San Francisco loses 200,000 in workday population during COVID

On a typical workday before the pandemic, hundreds of thousands of commuters flowed into San Francisco and Silicon Valley from around the region, swelling their daytime populations. Then COVID emptied streets and transit stations and quieted once bustling shops and restaurants that catered to the weekday crowds.

A new report from the U.S. Census Bureau highlights just how big of a hit remote work had on the country’s commuter centers.

San Francisco lost nearly 210,000 people during a typical workday in 2021 compared to 2019, a Bay Area News Group analysis found, and Santa Clara County saw a drop of nearly 110,000. That drop of more than 300,000 in what the Census calls the ‘commuter-adjusted population’ of the Bay Area’s two largest counties far outpaced — by nearly 100,000 — the decline in far-larger Los Angeles.

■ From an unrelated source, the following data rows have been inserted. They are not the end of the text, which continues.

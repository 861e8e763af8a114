-- ===== src/Storage/PageManager/Growing.antt =====
-- A page manager for concrete trees: its pages are numbered from 1 on, and none is given up.
use sqldb.Base.{ℕ, ◌+◌, ◌≤◌, ◌<◌, ◌≡◌, refl, Result, ok, ◌==◌, if◌then◌else◌, arith}
use sqldb.Storage.Node.{BNode}
use sqldb.Storage.PageManager.{PageManager}

pub record Store : Type 0 where
  pub last : ℕ
  pub page : ℕ → Result BNode

abbrev pub write : Store → BNode → Store
write s n = record { last = s.last + 1; page = λ p. if p == s.last + 1 then ok n else s.page p }

pub write_get : (s : Store) (n : BNode) → (write s n).page (s.last + 1) ≡ ok n
write_get s n = ground arith

pub write_keeps :
    (s : Store) (n : BNode) (p : ℕ)
    → (0 < p) × (p ≤ s.last)
    → ((0 < p) × (p ≤ s.last + 1)) × ((write s n).page p ≡ s.page p)
write_keeps s n p h = ground (arith, h)

abbrev pub store_pages : PageManager Store
store_pages = record {
  get = λ s p. s.page p;
  new_page = λ s n. (s.last + 1, write s n);
  del = λ s p. s;
  live = λ s p. (0 < p) × (p ≤ s.last);
  new_page-live = λ s n. (omega arith, omega arith);
  live-pos = λ s p h. h.0;
  get-new_page = λ s n complete small. write_get s n;
  new_page-keeps = write_keeps;
  del-keeps = λ s q p h. (h, refl);
}
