-- ===== src/Storage/SortedMap/Erase.antt =====
-- Taking a pair out of a sorted map.
use sqldb.Base.{◌≡◌, ◌≢◌, refl, [], ◌∷◌, ◌++◌, none, Bytes, lex-eq, lex_swap, arith}
use sqldb.Storage.SortedMap.{
  Pairs, AllAbove, AllBelow, AllAbove-trans, Sorted, find, find_above, erase,
}

-- What is above the key stays, and what is below it is passed by.
pub erase_above : (key : Bytes) (ys : Pairs) → AllAbove key ys → erase key ys ≡ ys
unfolding erase
erase_above key [] h = refl
erase_above key (y ∷ ys) (h, hs) = ground (arith, h)

pub erase-append :
    (key : Bytes) (xs ys : Pairs) → AllBelow key xs → erase key (xs ++ ys) ≡ xs ++ erase key ys
unfolding erase
erase-append key [] ys h = refl
erase-append key (x ∷ xs) ys (h, hs) = ground (arith, erase-append key xs ys hs, lex_swap x.0 key)

pub erase-append_above :
    (key : Bytes) (xs ys : Pairs) → AllAbove key ys → erase key (xs ++ ys) ≡ erase key xs ++ ys
unfolding erase
erase-append_above key [] ys h = erase_above key ys h
erase-append_above key (x ∷ xs) ys h = ground (arith, erase-append_above key xs ys h)

erase-AllAbove : (a key : Bytes) (kvs : Pairs) → AllAbove a kvs → AllAbove a (erase key kvs)
unfolding erase
erase-AllAbove a key [] h = tt
erase-AllAbove a key (kv ∷ kvs) (h, hs) = ground (arith, erase-AllAbove a key kvs hs, h, hs)

-- erase keeps the order.
pub erase-Sorted : (key : Bytes) (kvs : Pairs) → Sorted kvs → Sorted (erase key kvs)
unfolding erase
erase-Sorted key [] h = tt
erase-Sorted key (kv ∷ kvs) (h, hs) =
    ground (arith, erase-Sorted key kvs hs, erase-AllAbove kv.0 key kvs h, h, hs)

-- The key is gone, and the other keys are found as before.
pub find-erase_self : (key : Bytes) (kvs : Pairs) → Sorted kvs → find key (erase key kvs) ≡ none
unfolding find erase
find-erase_self key [] h = refl
find-erase_self key (kv ∷ kvs) (h, hs) =
    ground (arith, find-erase_self key kvs hs, lex-eq key kv.0, find_above key kvs, h)

pub find-erase_ne :
    (other key : Bytes) (kvs : Pairs)
    → Sorted kvs
    → other ≢ key
    → find other (erase key kvs) ≡ find other kvs
unfolding find erase
find-erase_ne other key [] h ne = refl
find-erase_ne other key (kv ∷ kvs) (h, hs) ne = ground (
  arith,
  find-erase_ne other key kvs hs ne,
  lex-eq other key,
  lex-eq key kv.0,
  lex-eq other kv.0,
  find_above other kvs,
  AllAbove-trans other kv.0 kvs,
  h,
  ne,
)
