-- ===== src/Tracer/Sampler.antt =====
-- `otel_set_sampler` of oteltracing.c and what it does to root spans.
use oteltracing_c.Base.{
  inl, inr, ℕ, ◌+◌, ◌*◌, ◌/◌, ◌-◌, ◌<◌, ◌^◌, ◌≡◌, refl, ap, ◌∙◌, Bool, true, false, not, ◌&&◌, ◌||◌,
  Option, some, List, arith,
}
use oteltracing_c.Base.Double.{number, decode, at_least_one, at_most_zero, times_two_64, to_uint64}
use oteltracing_c.Base.Tests.{if_ind, ltb, leb, ◌==◌, if◌then◌else◌, Bool-cases}
use oteltracing_c.Random.{RandomState, random_next, next_hi}
use oteltracing_c.Span.{Span, recording}
use oteltracing_c.Span.Start.{Sampling, span_start}
use oteltracing_c.Span.Start.Fresh.{span_start-recording}

-- `otel_set_sampler` of the `double` with these bits; `undefined` is what the conversion gives where
-- C leaves it undefined.
unfoldable pub set_sampler : (undefined bits : ℕ) → Sampling → Sampling
set_sampler undefined bits c =
    let ratio = decode bits in
    if at_least_one ratio
    then record c { sample_always = true; sample_threshold = 2 ^ 64 - 1 }
    else if at_most_zero ratio
    then record c { sample_always = false; sample_threshold = 0 }
    else record c {
      sample_always = false;
      sample_threshold = to_uint64 undefined (times_two_64 ratio);
    }

-- the test that a start makes
abbrev sampled : Sampling → ℕ → Bool
sampled c r = c.sample_always || ltb r c.sample_threshold

next_hi_lem : (g : RandomState) → next_hi g < 2 ^ 64
unfolding next_hi
next_hi_lem g = omega arith

random_next-bound : (g : RandomState) → (random_next g).1 < 2 ^ 64
unfolding random_next
random_next-bound g = next_hi_lem g

-- What the sampler admits of a ratio of so many units.
set_sampler-sampled :
    (undefined bits : ℕ) (negative : Bool) (units : ℕ)
    → decode bits ≡ number negative units
    → (c : Sampling) (r : ℕ) → r < 2 ^ 64
    → sampled (set_sampler undefined bits c) r
      ≡ (not negative && leb ((r + 1) * 2 ^ 1074) (units * 2 ^ 64))
unfolding set_sampler at_least_one at_most_zero times_two_64 to_uint64
set_sampler-sampled undefined bits true units e c r h = rw e (ground arith)
set_sampler-sampled undefined bits false units e c r h = elim (Bool-cases (leb (2 ^ 1074) units)) [
  | inl one ↦ rw (e, one) (ground arith)
  | inr less ↦ elim (Bool-cases (units == 0)) [
    | inl zero ↦ rw (e, less, zero) (ground arith)
    | inr positive ↦
        let fits : ltb (units * 2 ^ 64 / 2 ^ 1074) (2 ^ 64) ≡ true = ground arith in
        rw (e, less, positive, fits) (ground arith)
  ]
]

set_sampler-enabled :
    (undefined bits : ℕ) (c : Sampling) → (set_sampler undefined bits c).enabled ≡ c.enabled
unfolding set_sampler
set_sampler-enabled undefined bits c =
    if_ind (λ (x : Sampling). x.enabled ≡ c.enabled) (at_least_one (decode bits)) (λ one. refl)
      (λ less.
        if_ind (λ (x : Sampling). x.enabled ≡ c.enabled) (at_most_zero (decode bits)) (λ zero. refl)
          (λ positive. refl))

-- Let the bits of the ratio be those of a double that is no NaN, and let r be the number that the
-- generator of a registered thread draws next. Then after set_sampler with this ratio, whatever a
-- conversion that C leaves undefined gives, a root span on that thread is recording exactly when
-- tracing is enabled and r + 1 is at most 2^64 times the ratio; the ratio is its units times
-- 2^-1074, or minus that where it is negative.
pub set_sampler-recording :
    (undefined bits : ℕ) (negative : Bool) (units : ℕ)
    → decode bits ≡ number negative units
    → (c : Sampling) (g : RandomState) (s : Span) (name : Option (List ℕ)) (kind now : ℕ)
    → recording (span_start (set_sampler undefined bits c) (some g) s name kind now).0
      ≡ (c.enabled && (not negative && leb (((random_next g).1 + 1) * 2 ^ 1074) (units * 2 ^ 64)))
set_sampler-recording undefined bits negative units e c g s name kind now =
    let c' = set_sampler undefined bits c in
    let r = (random_next g).1 in
    span_start-recording c' g s name kind now
    ∙ ap (λ b. b && sampled c' r) (set_sampler-enabled undefined bits c)
    ∙ ap (λ b. c.enabled && b)
        (set_sampler-sampled undefined bits negative units e c r (random_next-bound g))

On the flip side, Alameda and Contra Costa counties added tens of thousands to their workday populations between 2019 and 2021 as pre-pandemic commuters stayed home to work.

The numbers provide a startling new data point on the evolving landscape of our large cities.

San Francisco’s transformation has been among the most dramatic in the country. Pre-pandemic, its population would swell to more than 1.1 million people during work hours, about 30% larger than the number of residents. But the city saw an 18% drop in its estimated daytime population from July 2019 to July 2021. Santa Clara County’s fell 5%.

 

By comparison, New York County (Manhattan) lost 800,000 people in its commuter-adjusted population, a 24% drop from before the pandemic, while neighboring Kings County (Brooklyn) saw 300,000 additional people each work day, a 14% spike.

L.A.’s drop in commuter-adjusted population — at 230,000, similar in number to San Francisco — was only a 2% decrease.

Like most workers who commute to San Francisco, software engineering manager Supriya Khandekar, 25, has seen the city’s downtown dramatically change since she started working there in 2019. Traffic vanished on freeways and BART. Shops and restaurants slowed and shuttered.

“It definitely became very empty during the pandemic itself” and it stayed that way for a while, she said. “It’s coming back — but it’s taken time.”

But it’s not just daytime population that dropped since the pandemic. San Francisco, San Mateo and Santa Clara counties all saw drops in their resident populations through 2021 as well.

The region’s less expensive communities have seen the reverse. Contra Costa County has experienced the largest increase in its daytime population, adding more than 50,000 people, a 5% increase.